In theory, this sounds like an expensive and complicated therapy, compared with drugs, if there even were any disease-modifying agents effective against mild to moderate AD. One drug recently entered the market, but for mild cognitive impairment or mild dementia only, the population that was studied in the treatment’s clinical trials. July 2023 marked the FDA approval of Leqembi (lecanemab), the first Alzheimer’s drug to demonstrate that it slows the progression of the disease (although there’s controversy in the field around how much change is clinically meaningful). It’s not the ultimate solution; developed jointly by Biogen and Eisai, Leqembi’s approval also came with a boxed warning about the potential for brain bleeding and swelling, and the drug’s labeling directs periodic monitoring by MRI to watch for clinically severe symptoms that would call for discontinuation of the drug, which is a hidden cost. More obvious is the high price tag of one year of Leqembi, estimated to be $26,500. And finally, it is administered by in-clinic 90-minute infusions sessions every other week, which is another cost.

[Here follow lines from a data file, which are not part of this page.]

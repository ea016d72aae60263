-- ===== src/Tests/Tunnel.antt =====
-- Runs of the tunnel.
use open_console.Prelude.{
  ◌++◌, All, Bool, Bytes, List, Option, [], codes, false, none, refl, some, true, ◌∷◌, ◌≡◌,
}
use open_console.Web.Json.{Json, bool, end, field, obj, str, get, nat, truthy}
use open_console.Web.Protocol.{Frame, FrameType, encode_control, encode_data, open_frame, decoded}
use open_console.Web.Protocol
use open_console.Web.Crypto.{seal, can_write, open_from_host}
use open_console.Web.Tunnel.State.{
  Tunnel, Options, access, connected, connecting, fresh, sent_control, shown, status, bad_decrypt,
  closed, fail, missing_key, open_now,
}
use open_console.Web.Tunnel.{
  run, connect, deliver, on_message, on_open, open_message, step, write, has_crypto, on_close,
}
use open_console.Web.Tunnel.Frames.{
  Event, binary, delivered, message, socket_opened, text, typed, close_reason,
}
use open_console.Web.Tunnel.Order.{shown_by, view, arrivals, plains, shown_in_order}
use open_console.Web.Tunnel.Drained.{deliveries, drained-shows}
use open_console.Web.Tunnel.Sealed.{data_sent, IsSealed, sends_only-IsSealed, viewer_sends_nothing}
use open_console.Web.Tunnel.Attach.{close_replaces_ending, says_encrypted}
use open_console.Web.Tunnel.Endings.{sent_by, ended_sends_nothing}
use open_console.Tests.Crypto.{toy, watching, ticket_key, nonce, repeat}

-- A viewer's link, and one with no key.
abbrev keyed : Options toy
keyed = record {
  session_id = codes "abc";
  token = codes "tok";
  cols = nat 80;
  rows = nat 24;
  crypto = some watching;
}

abbrev clear : Options toy
clear = record keyed { crypto = none }

abbrev ack : Bool → Json
ack encrypted =
    obj
      (field (codes "role") (str (codes "guest")) (field (codes "encrypted") (bool encrypted) end))

abbrev control : FrameType → Option Json → Event
control type payload = message (text (some (encode_control type payload 0)))

-- "hi", sealed by the host.
abbrev sealed_hi : Bytes
sealed_hi = encode_data (seal toy ticket_key 0 nonce (codes "hi")) 0

abbrev forged : Bytes
forged = encode_data (repeat 1 40) 0

abbrev session : List Event
session =
    socket_opened
    ∷ control open_frame (some (ack true))
    ∷ message (binary sealed_hi)
    ∷ message (binary forged)
    ∷ delivered
    ∷ delivered
    ∷ typed (codes "x")
    ∷ []

abbrev start : Tunnel
start = connect toy keyed true fresh

-- The opened frame is shown; the forged one waits.
session_view :
    (run toy keyed start session).log
    ≡ status connecting none
      ∷ sent_control (encode_control open_frame (some (open_message toy keyed)) 0)
      ∷ access true
      ∷ status connected none
      ∷ shown (codes "hi")
      ∷ []
unfolding run step connect on_open on_message deliver write open_from_host can_write seal
    encode_data encode_control
session_view = refl

shown_in_order_example :
    view toy keyed (run toy keyed start session)
    ≡ view toy keyed start ++ plains toy keyed (arrivals toy keyed start session)
shown_in_order_example = shown_in_order toy keyed session start

nothing-IsSealed_yet : All (IsSealed toy watching) start.log
unfolding connect
nothing-IsSealed_yet = (tt, tt)

sends_only-IsSealed_example : All (IsSealed toy watching) (run toy keyed start session).log
sends_only-IsSealed_example =
    sends_only-IsSealed toy watching keyed refl session start nothing-IsSealed_yet

watching_reads_only : can_write toy watching ≡ false
unfolding can_write
watching_reads_only = refl

viewer_sends_nothing_example : data_sent (run toy keyed start session).log ≡ []
viewer_sends_nothing_example =
    viewer_sends_nothing toy watching watching_reads_only keyed session refl

-- With no key and an encrypted session, the tunnel ends at the acknowledgement.
abbrev no_key : List Event
no_key = socket_opened ∷ control open_frame (some (ack true)) ∷ delivered ∷ []

abbrev clear_start : Tunnel
clear_start = connect toy clear true fresh

no_key_ends :
    (run toy clear clear_start no_key).ending
    ≡ some (record { reason = missing_key; graceful = false })
unfolding run step connect on_open on_message deliver encode_control
no_key_ends = refl

ended_sends_nothing_example :
    sent_by
      (run toy clear (run toy clear clear_start no_key) (typed (codes "x") ∷ delivered ∷ [])).log
    ≡ sent_by (run toy clear clear_start no_key).log
ended_sends_nothing_example =
    ended_sends_nothing toy clear true no_key (typed (codes "x") ∷ delivered ∷ [])
      (record { reason = missing_key; graceful = false }) no_key_ends

they_agree : says_encrypted (some (ack true)) ≡ has_crypto toy keyed
unfolding truthy get
they_agree = refl

-- A forged frame ends the session, and the CLOSE frame behind it makes that look normal.
abbrev close_frame : Frame
close_frame = record { type = Protocol.close; channel = nat 0; payload = decoded none }

abbrev tampered : Tunnel
tampered =
    fail bad_decrypt (record fresh { ws = true; ready = open_now; inbound = close_frame ∷ [] })

tampered_queue : tampered.inbound ≡ close_frame ∷ []
unfolding fail
tampered_queue = refl

close_replaces_ending_example :
    (on_close toy keyed (deliver toy keyed tampered)).log
    ≡ (deliver toy keyed tampered).log ++ status closed (some (close_reason none)) ∷ []
close_replaces_ending_example =
    close_replaces_ending toy keyed close_frame [] tampered tampered_queue refl

drained-shows_example :
    ((run toy keyed
        (run toy keyed start session)
        (deliveries (run toy keyed start session).inbound)).inbound
      ≡ [])
    × (shown_by
          (run toy keyed
            (run toy keyed start session)
            (deliveries (run toy keyed start session).inbound)).log
        ≡ view toy keyed start ++ plains toy keyed (arrivals toy keyed start session))
drained-shows_example = drained-shows toy keyed session start
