-- ===== src/Web/Protocol/Binary.antt =====
-- The binary encoding loses nothing, and each frame has one encoding.
use open_console.Prelude.{◌%◌, ◌<◌, All, Bytes, ◌^◌, ap, arith, ℕ, ◌∷◌, ◌≡◌}
use open_console.Web.Json.{nat}
use open_console.Web.Protocol.{Frame, data_frame, raw, ok, of_be32, encode_data, decode_binary}

-- What decodeBinary makes of an encoded DATA frame: the payload, and the channel as a uint32.
pub decode_binary-encode_data :
    (payload : Bytes) (channel : ℕ)
    → decode_binary (encode_data payload channel)
      ≡ ok (record { type = data_frame; channel = nat (channel % 2 ^ 32); payload = raw payload })
unfolding decode_binary encode_data
decode_binary-encode_data payload channel =
    ap (λ n. ok (record { type = data_frame; channel = nat n; payload = raw payload }))
      (omega arith)

-- A buffer that decodes is the encoding of the frame that it decodes to, so no two buffers of
-- bytes decode to one frame.
pub encode_data-decode_binary :
    (buf : Bytes) (f : Frame)
    → All (λ b. b < 256) buf
    → decode_binary buf ≡ ok f
    → (payload : Bytes) × (channel : ℕ) × (f
        ≡ record { type = data_frame; channel = nat channel; payload = raw payload })
      × (channel < 2 ^ 32)
      × (encode_data payload channel ≡ buf)
unfolding decode_binary encode_data
encode_data-decode_binary (t ∷ a ∷ b ∷ c ∷ d ∷ payload) f h e =
    (payload, of_be32 a b c d, ground arith, ground arith, ground arith)
encode_data-decode_binary _ f h e = ground arith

On the other hand, at least according to the Phase II study, SinaptiStim is an extremely safe, noninvasive therapy. Says Mariash, “When you actually total all the related costs of these new drugs, I think we can provide a very cost-effective first-line therapy in comparison.”
But it won’t be either/or for a complicated disease like Alzheimer’s. “This is like cancer, or HIV. It’s going to require multiple therapies,” he points out. The Phase III trial of donanemab (Eli Lilly) recently demonstrated that in early stages of Alzheimer’s, it can significantly slow down cognitive and functional decline. “In a world where drugs like donanemab can clear amyloid and the patient then stops taking the drugs, what will they do next?” asks Mariash. With a safe and noninvasive therapy, he believes SinaptiStim could be the next logical step, but it will also most likely work well in combination with drugs.
“As we go forward, we will continue to learn how to optimize the therapy. Maybe one patient should get a particular waveform. There are so many ways to optimize because every time we stimulate a patient, we learn so much,” Mariash says, which is not the case for a drug infused into the arm.
SinaptiStim will be constantly adapted to a patient’s changing needs, and over time, “neuromodulation might actually get to the root of the problem, which might be oscillatory imbalances, synaptic dysfunction, and network dysregulation,” says Mariash, pointing out that the Alzheimer’s brain exhibits epileptiform activity, that is, faulty signaling. “If we can stabilize misfiring in the brain and enhance cortical plasticity, we might get to the root of the pathology.”